+++ DATA UNDER STUDY +++
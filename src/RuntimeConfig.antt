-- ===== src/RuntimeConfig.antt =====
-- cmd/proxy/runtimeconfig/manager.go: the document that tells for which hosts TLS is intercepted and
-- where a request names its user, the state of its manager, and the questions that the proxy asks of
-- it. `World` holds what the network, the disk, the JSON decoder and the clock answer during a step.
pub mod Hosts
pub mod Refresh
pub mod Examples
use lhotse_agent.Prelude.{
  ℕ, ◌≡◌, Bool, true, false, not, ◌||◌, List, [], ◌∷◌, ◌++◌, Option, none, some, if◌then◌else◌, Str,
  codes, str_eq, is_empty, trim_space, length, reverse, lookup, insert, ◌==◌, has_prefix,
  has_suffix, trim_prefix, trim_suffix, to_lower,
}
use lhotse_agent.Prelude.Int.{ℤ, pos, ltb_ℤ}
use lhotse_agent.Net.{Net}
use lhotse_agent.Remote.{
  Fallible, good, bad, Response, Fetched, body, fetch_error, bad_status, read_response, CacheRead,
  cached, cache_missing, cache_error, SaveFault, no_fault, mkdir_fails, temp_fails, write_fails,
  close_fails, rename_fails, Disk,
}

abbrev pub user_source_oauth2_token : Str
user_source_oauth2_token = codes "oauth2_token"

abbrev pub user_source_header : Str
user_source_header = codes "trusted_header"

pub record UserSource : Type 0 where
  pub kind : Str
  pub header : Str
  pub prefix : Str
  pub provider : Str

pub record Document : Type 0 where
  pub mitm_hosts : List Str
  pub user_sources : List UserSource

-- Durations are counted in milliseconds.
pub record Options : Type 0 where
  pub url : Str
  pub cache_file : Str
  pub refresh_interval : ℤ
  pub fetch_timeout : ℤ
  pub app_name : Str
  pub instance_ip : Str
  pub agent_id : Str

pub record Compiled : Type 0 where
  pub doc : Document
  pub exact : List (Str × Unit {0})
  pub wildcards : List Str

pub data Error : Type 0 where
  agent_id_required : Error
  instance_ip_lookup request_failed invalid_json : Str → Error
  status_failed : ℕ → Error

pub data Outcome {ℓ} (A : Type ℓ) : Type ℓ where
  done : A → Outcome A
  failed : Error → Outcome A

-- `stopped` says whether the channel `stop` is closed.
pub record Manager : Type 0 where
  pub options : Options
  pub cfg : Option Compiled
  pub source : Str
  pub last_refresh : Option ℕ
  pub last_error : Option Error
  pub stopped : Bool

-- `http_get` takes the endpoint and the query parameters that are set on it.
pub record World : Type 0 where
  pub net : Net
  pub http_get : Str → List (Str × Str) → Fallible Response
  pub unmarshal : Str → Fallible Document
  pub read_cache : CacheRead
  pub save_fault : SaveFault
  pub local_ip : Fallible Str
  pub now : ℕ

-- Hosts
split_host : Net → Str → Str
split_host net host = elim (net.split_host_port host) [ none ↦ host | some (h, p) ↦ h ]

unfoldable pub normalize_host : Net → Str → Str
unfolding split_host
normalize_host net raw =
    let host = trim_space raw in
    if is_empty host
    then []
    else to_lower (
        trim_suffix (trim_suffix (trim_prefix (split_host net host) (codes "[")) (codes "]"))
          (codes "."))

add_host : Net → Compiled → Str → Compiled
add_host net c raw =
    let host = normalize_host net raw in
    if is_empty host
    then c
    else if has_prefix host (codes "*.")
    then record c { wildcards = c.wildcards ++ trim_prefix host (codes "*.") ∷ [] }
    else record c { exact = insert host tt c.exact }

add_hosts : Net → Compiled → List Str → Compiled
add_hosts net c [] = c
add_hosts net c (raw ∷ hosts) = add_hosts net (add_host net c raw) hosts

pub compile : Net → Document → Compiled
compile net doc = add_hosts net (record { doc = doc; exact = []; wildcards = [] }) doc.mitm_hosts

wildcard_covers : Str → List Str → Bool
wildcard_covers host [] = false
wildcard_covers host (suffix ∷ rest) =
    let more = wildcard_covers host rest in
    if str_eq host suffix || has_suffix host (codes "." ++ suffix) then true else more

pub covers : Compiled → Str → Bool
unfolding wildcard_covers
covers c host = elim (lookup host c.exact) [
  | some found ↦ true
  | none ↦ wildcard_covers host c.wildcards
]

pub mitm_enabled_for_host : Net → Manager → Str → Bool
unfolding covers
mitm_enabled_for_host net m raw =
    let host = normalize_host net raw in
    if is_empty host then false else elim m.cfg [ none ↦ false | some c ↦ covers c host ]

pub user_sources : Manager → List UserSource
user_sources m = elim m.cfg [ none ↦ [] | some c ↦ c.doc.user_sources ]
+++
> **WORK ORDER**:
Please return only the lines from the one that contains "add_hosts net c (raw" through the final line of the entries, each exactly as written.

> **REPLY TO THE TASK**:
add_hosts net c (raw ∷ hosts) = add_hosts net (add_host net c raw) hosts

pub compile : Net → Document → Compiled
compile net doc = add_hosts net (record { doc = doc; exact = []; wildcards = [] }) doc.mitm_hosts

wildcard_covers : Str → List Str → Bool
wildcard_covers host [] = false
wildcard_covers host (suffix ∷ rest) =
    let more = wildcard_covers host rest in
    if str_eq host suffix || has_suffix host (codes "." ++ suffix) then true else more

pub covers : Compiled → Str → Bool
unfolding wildcard_covers
covers c host = elim (lookup host c.exact) [
  | some found ↦ true
  | none ↦ wildcard_covers host c.wildcards
]

pub mitm_enabled_for_host : Net → Manager → Str → Bool
unfolding covers
mitm_enabled_for_host net m raw =
    let host = normalize_host net raw in
    if is_empty host then false else elim m.cfg [ none ↦ false | some c ↦ covers c host ]

pub user_sources : Manager → List UserSource
user_sources m = elim m.cfg [ none ↦ [] | some c ↦ c.doc.user_sources ]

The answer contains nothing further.